PROVIDENCE, R.I. [Brown University] — Brown University along with 23 other colleges and universities filed an amicus brief on Monday, June 9, in support of Harvard University’s motion for summary judgment in a lawsuit challenging the federal government’s funding freeze on approximately $3 billion in research grants and contracts to the university.
The amicus brief urged the federal court hearing the case to sustain federal investments in scientific research at U.S. universities, arguing that protecting research is in the public interest and that compromising funding would come with irreparable harm. The brief emphasized that for more than 80 years, the federal government has invested heavily in scientific research at U.S. universities, enabling breakthroughs that save and improve lives and build economies.
“This funding has fueled American leadership at home and abroad, yielding radar technology that helped defeat the Nazis, computer systems that put humans on the Moon, and a vaccine that saved millions during a global pandemic,” the brief states. “Many of these life-changing and history-altering innovations came out of work that had an entirely different initial focus.”
The amicus brief argued that the U.S. has long advanced scientific research in collaboration with universities, and the result has been a symbiotic partnership that has made America a global leader.
“The government identifies projects that are vital to the national interest,” the brief notes. “Agencies award funding for those initiatives, usually on a competitive basis, selecting recipients based on scientific merit and their ability to create value for the American people. And in exchange, the country’s top scientists harness federal resources to drive gains in fields from nuclear power to biomedicine to artificial intelligence.”
The universities argued that broad cuts to federal research funding, like those Harvard is challenging in court, disrupt projects, ruin experiments and datasets, and destroy the careers of aspiring scientists.
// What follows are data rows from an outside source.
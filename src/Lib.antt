-- ===== src/Lib.antt =====
-- The file web server: a single-threaded HTTP/1.1 server for static files, over kqueue.
--
-- A connection is accepted into a slot of a fixed pool, found to speak plain HTTP or TLS, read until
-- its headers are complete, parsed, answered with a file, a directory listing or an error page, and
-- kept for the next request. Each part is a module:
--   * Http.Request (src/http/http_request.h, http_request.cpp): the parser and the accessors;
--     Http.Request.Range is parse_range. Http.Request.Printed writes requests out, as
--     Range.Written does for ranges.
--   * Http.Response (src/http/http_response.h, http_response.cpp): the setters, build_headers,
--     format_time and error_body.
--   * Http.Mime (src/http/mime_types.h): the table and its binary search.
--   * Server.FileServer (src/server/file_server.h, file_server.cpp): Path is normalize and
--     is_within_root, Files is open, Listing and Page are list_directory and build_directory_html.
--   * Core.Pool (src/core/connection_pool.h): the stack of free indices. A pointer to a connection is
--     its index.
--   * Core.Connection (src/core/connection.h, connection.cpp): the record of its fields, init, reset
--     and close; Reading has the steps from detection to parsing, Sending those of the response.
--     Reading.Pieces is about requests that arrive in pieces, Delivery about the bytes on the wire;
--     Delivery.Flow says what is relied on of sendfile and pread.
--   * Core.EventLoop (src/core/event_loop.h, event_loop.cpp): the change list, the keep-alive list,
--     creating and destroying a connection; Respond is prepare_response, Process is
--     process_connection, Dispatch has dispatch, handle_accept, handle_timer and run, which goes
--     through rounds: what kevent returns, and the signals (Signals) that arrive by the next test
--     of g_running. Dispatch.Shutdown is about its end, Settings about what it leaves alone.
--     Process.Turn has what an event does to the connection itself, Process.States and Process.Course
--     its state, and Process.Answer follows a connection from the event that completes its request.
--     Invariant says what holds between two events (the pool, the states and the keep-alive list
--     agree), and KeepAlive relates the links of that list to a list of slots. Interest says what the
--     queue holds for each socket.
--   * Core.TlsContext (src/core/tls_context.h): the owner of an SSL_CTX.
--   * Server.Cli (src/server/cli.h): parse_args; std::exit is a result.
--   * Main (src/main.cpp): create_listener and main, over what the system answers; print_help and the
--     text of --version (src/core/version.h) are there too. Resources follows the socket, the queue and
--     the TLS context that it takes.
-- Base has what they share: tests on native numbers, lists, bytes and integers.
--
-- A method is a function from the old state to the new one. System calls and OpenSSL are
-- parameters: Core.Io.Io and Core.EventLoop.Env hold what they answer while one event is handled,
-- and Server.FileServer.Files.FileSystem what the file system answers. std::sort is a parameter too
-- (Listing.Order.Sorts says what is relied on of it, and Listing.Insertion is a sort that meets
-- it), and so is the interval, if any, that is answered where the digits of a Range header
-- overflow: Env.overflowed gives any, since the behaviour is undefined. System.applied is the
-- number of changes that kevent takes when add_listener hands them over. What a connection does to
-- the world is recorded in order in its field `effects`. Texts are lists of bytes. A descriptor of
-- -1 and a null pointer are `none`. Sizes and offsets (off_t) are integers; where the source can
-- overflow a signed number, in the digits of a Range header and in atoi, the model says so, and
-- elsewhere the numbers stay far below the limits of their types, which the model does not write
-- out, except for the counters of the pool and the port.
--
-- Bounds and fuel: Path.resolve gets the length of the text, of which each round takes a byte or
-- more, and has a result of its own for too little; Mime.lower_bound gets the length of the table;
-- Dispatch.expire_from gets the number of slots, since the list holds a slot at most once. The
-- other loops are structural.
--
-- Not modelled: logging (src/core/debug_log.h); fcntl; signals outside of run; connections that
-- are open when the program ends; that the queue forgets a descriptor that is closed (Interest goes
-- by the changes that are handed over); the capacity of buffers; that locale and time zone tables
-- are right.
mod Base
pub mod Http
pub mod Server
pub mod Core
pub mod Main
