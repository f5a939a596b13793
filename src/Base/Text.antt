-- ===== src/Base/Text.antt =====
-- Text as a list of bytes, and what the source uses of std::string and std::string_view.
use Prim.Native.Char.{code}
use Prim.Native.String.{String}
use Prim.Native.Nat.{ℕ, zero, suc, ◌+◌, ◌/◌, ◌%◌}
use mathlib.Core.Path.{◌≡◌, refl}
use mathlib.Core.Logic.{◌↔◌}
use mathlib.Core.Bool.{Bool, true, false, ◌&&◌, ◌||◌}
use mathlib.Core.List.{List, [], ◌∷◌}
use mathlib.Core.Option.{Option, none, some}
use mathlib.Core.Option
use native.Mathlib.Omega.{arith}
use file_web_server.Base.Tests.{◌==◌, ltb, if◌then◌else◌}

abbrev pub Bytes : Type 0
Bytes = List ℕ

-- The bytes of a literal; every literal of the source that is modelled is ASCII.
abbrev pub codes : String → Bytes
codes String.[] = []
codes (String.◌∷◌ c s) = code c ∷ codes s

-- operator==
unfoldable pub equal : Bytes → Bytes → Bool
equal [] [] = true
equal (x ∷ xs) (y ∷ ys) = x == y && equal xs ys
equal _ _ = false

-- operator<, by unsigned bytes as memcmp compares them
unfoldable pub less : Bytes → Bytes → Bool
less _ [] = false
less [] (y ∷ ys) = true
less (x ∷ xs) (y ∷ ys) = ltb x y || (x == y && less xs ys)

abbrev pub is_empty : Bytes → Bool
is_empty [] = true
is_empty (_ ∷ _) = false

unfoldable pub starts_with : Bytes → Bytes → Bool
starts_with [] s = true
starts_with (x ∷ xs) [] = false
starts_with (x ∷ xs) (y ∷ ys) = x == y && starts_with xs ys

-- s.find(needle); `none` is npos
unfoldable pub find : Bytes → Bytes → Option ℕ
find needle [] = if is_empty needle then some 0 else none
find needle (c ∷ s) = if starts_with needle (c ∷ s) then some 0 else Option.map suc (find needle s)

-- s.find(byte)
unfoldable pub find_byte : ℕ → Bytes → Option ℕ
find_byte b [] = none
find_byte b (c ∷ s) = if c == b then some 0 else Option.map suc (find_byte b s)

pub equal_iff : (a b : Bytes) → (equal a b ≡ true) ↔ (a ≡ b)
unfolding equal
equal_iff (x ∷ a) (y ∷ b) = ground (arith, equal_iff a b)
equal_iff [] _ = ground arith
equal_iff _ [] = ground arith

pub equal_refl : (a : Bytes) → equal a a ≡ true
equal_refl a = (equal_iff a a).1 refl

-- Decimal digits, as std::to_string and the conversion %d write them. The fuel is above the number.
unfoldable pub decimal_onto : ℕ → ℕ → Bytes → Bytes
decimal_onto zero n out = out
decimal_onto (suc f) n out =
    let digit = b'0' + n % 10 in
    let rest = decimal_onto f (n / 10) (digit ∷ out) in if ltb n 10 then digit ∷ out else rest

unfoldable pub to_decimal : ℕ → Bytes
unfolding decimal_onto
to_decimal n = decimal_onto (suc n) n []
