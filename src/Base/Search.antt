-- ===== src/Base/Search.antt =====
-- Laws of the searches in texts.
use Prim.Native.Nat.{ℕ, zero, suc, ◌+◌, ◌<◌, ◌≤◌}
use mathlib.Core.Path.{◌≡◌, refl}
use mathlib.Core.Logic.{◌≢◌}
use mathlib.Core.List.{[], ◌∷◌, ◌++◌}
use mathlib.Core.Option.{none, some}
use mathlib.Core.Bool.{true, false}
use native.Mathlib.Omega.{arith}
use file_web_server.Base.Lists.{length, take, All}
use file_web_server.Base.Text.{Bytes, find, find_byte, starts_with}
use file_web_server.Base.Tests.{Bool-cases, Option-cases}
use mathlib.Core.Logic.{inl, inr}

-- The predicate of being another byte than `b`.
abbrev pub NotByte : ℕ → ℕ → Type 0
NotByte b c = c ≢ b

pub find_byte-none : (b : ℕ) (s : Bytes) → find_byte b s ≡ none → All (NotByte b) s
unfolding find_byte
find_byte-none b [] e = tt
find_byte-none b (c ∷ s) e = ground (arith, find_byte-none b s)

pub find_byte-take :
    (b : ℕ) (s : Bytes) (i : ℕ) → find_byte b s ≡ some i → All (NotByte b) (take i s)
unfolding find_byte
find_byte-take b [] i e = cc
find_byte-take b (c ∷ s) zero e = tt
find_byte-take b (c ∷ s) (suc i) e = ground (arith, find_byte-take b s i)

pub find_byte-absent : (b : ℕ) (s : Bytes) → All (NotByte b) s → find_byte b s ≡ none
unfolding find_byte
find_byte-absent b [] h = refl
find_byte-absent b (c ∷ s) h = ground (arith, find_byte-absent b s h.1, h.0)

pub find_byte-append :
    (b : ℕ) (x y : Bytes) → All (NotByte b) x → find_byte b (x ++ b ∷ y) ≡ some (length x)
unfolding find_byte
find_byte-append b [] y h = ground arith
find_byte-append b (c ∷ x) y h = ground (arith, find_byte-append b x y h.1, h.0)

starts_with-length : (p s : Bytes) → starts_with p s ≡ true → length p ≤ length s
unfolding starts_with
starts_with-length [] s h = omega arith
starts_with-length (x ∷ p) [] h = absurd (ground arith)
starts_with-length (x ∷ p) (y ∷ s) h = ground (arith, starts_with-length p s)

starts_with-append : (p s t : Bytes) → starts_with p s ≡ true → starts_with p (s ++ t) ≡ true
unfolding starts_with
starts_with-append [] s t h = refl
starts_with-append (x ∷ p) [] t h = absurd (ground arith)
starts_with-append (x ∷ p) (y ∷ s) t h = ground (arith, starts_with-append p s t)

find-short : (b : ℕ) (p s : Bytes) → length s < length (b ∷ p) → find (b ∷ p) s ≡ none
unfolding find
find-short b p [] h = refl
find-short b p (c ∷ s) h = elim (Bool-cases (starts_with (b ∷ p) (c ∷ s))) [
  | inl e ↦ let long = starts_with-length (b ∷ p) (c ∷ s) e in absurd (omega arith)
  | inr e ↦ rw (e, find-short b p s (omega arith)) refl
]

-- What is found at the very end of a text is not in a shorter part of it.
pub find-early :
    (b : ℕ) (p s t : Bytes) (k : ℕ)
    → find (b ∷ p) (s ++ t) ≡ some k
    → length s < k + length (b ∷ p)
    → find (b ∷ p) s ≡ none
unfolding find
find-early b p [] t k e h = refl
find-early b p (c ∷ s) t k e h = elim (Bool-cases (starts_with (b ∷ p) ((c ∷ s) ++ t))) [
  | inl here ↦
      let first : some 0 ≡ some k = rw here at e in
      let zeroth : k ≡ 0 = ground arith in find-short b p (c ∷ s) (omega arith)
  | inr other ↦
      let apart : starts_with (b ∷ p) (c ∷ s) ≡ false =
        elim (Bool-cases (starts_with (b ∷ p) (c ∷ s))) [
          | inl starts ↦
              let whole = starts_with-append (b ∷ p) (c ∷ s) t starts in absurd (ground arith)
          | inr differs ↦ differs
        ] in
      elim (Option-cases (find (b ∷ p) (s ++ t))) [
        | inl absent ↦ let never = rw (other, absent) at e in absurd (ground arith)
        | inr (j, found) ↦
            let next : some (suc j) ≡ some k = rw (other, found) at e in
            let behind : k ≡ suc j = ground arith in
            rw (apart, find-early b p s t j found (omega arith)) refl
      ]
]
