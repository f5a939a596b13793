-- ===== src/Base/Decimal.antt =====
-- The digits that `to_decimal` writes.
use Prim.Native.Nat.{ℕ, zero, suc, ◌+◌, ◌*◌, ◌/◌, ◌%◌, ◌≤◌, ◌<◌}
use mathlib.Core.Path.{◌≡◌, refl, ◌∙◌}
use mathlib.Core.Logic.{inl, inr}
use mathlib.Core.List.{[], ◌∷◌}
use native.Mathlib.Omega.{arith}
use file_web_server.Base.Lists.{All}
use file_web_server.Base.Tests.{ltb, Bool-cases}
use file_web_server.Base.Text.{Bytes, decimal_onto, to_decimal}

abbrev pub IsDigit : ℕ → Type 0
IsDigit c = (b'0' ≤ c) × (c ≤ b'9')

-- A reader that takes one more digit in each step, as long as the number stays below a bound, reads
-- the number back.
module _ {ℓ} {A : Type ℓ} (bound : ℕ) (read : ℕ → Bytes → A) where
  abbrev pub TakesDigits : Type ℓ
  TakesDigits =
      (m d : ℕ) (s : Bytes)
      → d < 10
      → m * 10 + d < bound
      → read m ((b'0' + d) ∷ s) ≡ read (m * 10 + d) s

  pub read-decimal_onto :
      TakesDigits
      → (f n : ℕ) (out : Bytes) → n < f
      → n < bound
      → read 0 (decimal_onto f n out) ≡ read n out
  unfolding decimal_onto
  read-decimal_onto step zero n out h b = absurd (omega arith)
  read-decimal_onto step (suc f) n out h b = elim (Bool-cases (ltb n 10)) [
    | inl small ↦
        let k : n % 10 ≡ n = ground arith in
        let z : 0 * 10 + n ≡ n = omega arith in
        let first = step 0 n out (ground arith) (omega arith) in rw (small, k) (rw z at first)
    | inr large ↦
        let z : n / 10 * 10 + n % 10 ≡ n = omega arith in
        let next = step (n / 10) (n % 10) out (omega arith) (omega arith) in
        rw large (
          read-decimal_onto step f (n / 10) ((b'0' + n % 10) ∷ out) (ground arith) (omega arith)
          ∙ (rw z at next))
  ]

  pub read-to_decimal : TakesDigits → (n : ℕ) → n < bound → read 0 (to_decimal n) ≡ read n []
  unfolding to_decimal
  read-to_decimal step n b = read-decimal_onto step (suc n) n [] (omega arith) b

decimal_onto-IsDigit :
    (f n : ℕ) (out : Bytes) → All IsDigit out → All IsDigit (decimal_onto f n out)
unfolding decimal_onto
decimal_onto-IsDigit zero n out h = h
decimal_onto-IsDigit (suc f) n out h =
    let d : IsDigit (b'0' + n % 10) = omega arith in
    elim (Bool-cases (ltb n 10)) [
      | inl small ↦ rw small (d, h)
      | inr large ↦ rw large (decimal_onto-IsDigit f (n / 10) ((b'0' + n % 10) ∷ out) (d, h))
    ]

onto-cons : (f n d : ℕ) (out : Bytes) → (c : ℕ) × (s : Bytes) × (decimal_onto f n (d ∷ out) ≡ c ∷ s)
unfolding decimal_onto
onto-cons zero n d out = (d, out, refl)
onto-cons (suc f) n d out = elim (Bool-cases (ltb n 10)) [
  | inl small ↦ (b'0' + n % 10, d ∷ out, rw small refl)
  | inr large ↦ rw large (onto-cons f (n / 10) (b'0' + n % 10) (d ∷ out))
]

decimal_onto-cons :
    (f n : ℕ) (out : Bytes) → (c : ℕ) × (s : Bytes) × (decimal_onto (suc f) n out ≡ c ∷ s)
unfolding decimal_onto
decimal_onto-cons f n out = elim (Bool-cases (ltb n 10)) [
  | inl small ↦ (b'0' + n % 10, out, rw small refl)
  | inr large ↦ rw large (onto-cons f (n / 10) (b'0' + n % 10) out)
]

-- A number is written by at least one digit, and by digits only.
pub to_decimal-IsDigit : (n : ℕ) → All IsDigit (to_decimal n)
unfolding to_decimal
to_decimal-IsDigit n = decimal_onto-IsDigit (suc n) n [] tt

pub to_decimal-cons : (n : ℕ) → (c : ℕ) × (s : Bytes) × (to_decimal n ≡ c ∷ s)
unfolding to_decimal
to_decimal-cons n = decimal_onto-cons n n []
Funding cuts also deter investment in the long-term research that only institutions with federal funding can pursue, threatening the pace of progress and undermining American leadership.
“Terminating funding to universities jeopardizes American innovation and economic growth by severely limiting their ability to play their vital, longstanding roles in expanding scientific knowledge,” the brief states. “These cuts to research funding risk a future where the next pathbreaking innovation — whether it is a cure for cancer or Alzheimer’s, a military technology, or the next Internet — is discovered beyond our shores, if at all.”
The brief noted that sustained government-university collaboration has contributed to inventions and breakthroughs ranging from nuclear reactors and national security measures to cancer treatments, DNA sequencing technology and hurricane forecasting techniques.
The amicus brief urged the court to grant summary judgment to Harvard in its lawsuit against the government, which would allow the judge to rule on the case without a full trial. Even schools that do not experience direct funding cuts will suffer, it argued — scientists work across institutions, grants issued to one university support researchers from others schools, and cutting-edge research is often conducted via collaboration.
“Extensive cuts to federal research funding to universities threaten much of what has made the U.S. research enterprise a juggernaut of growth and prosperity,” the brief states.
In addition to Brown, the brief’s signatories include American University; Boston University; California Institute of Technology; Colorado State University; Dartmouth College; Georgetown University; Johns Hopkins University; Massachusetts Institute of Technology; Michigan State University; Oregon State University; Princeton University; Rice University; Rutgers University; Stanford University; Tufts University; University of Delaware; University of Denver; University of Maryland, Baltimore; University of Maryland, College Park; University of Oregon; University of Pennsylvania; University of Pittsburgh; and Yale University.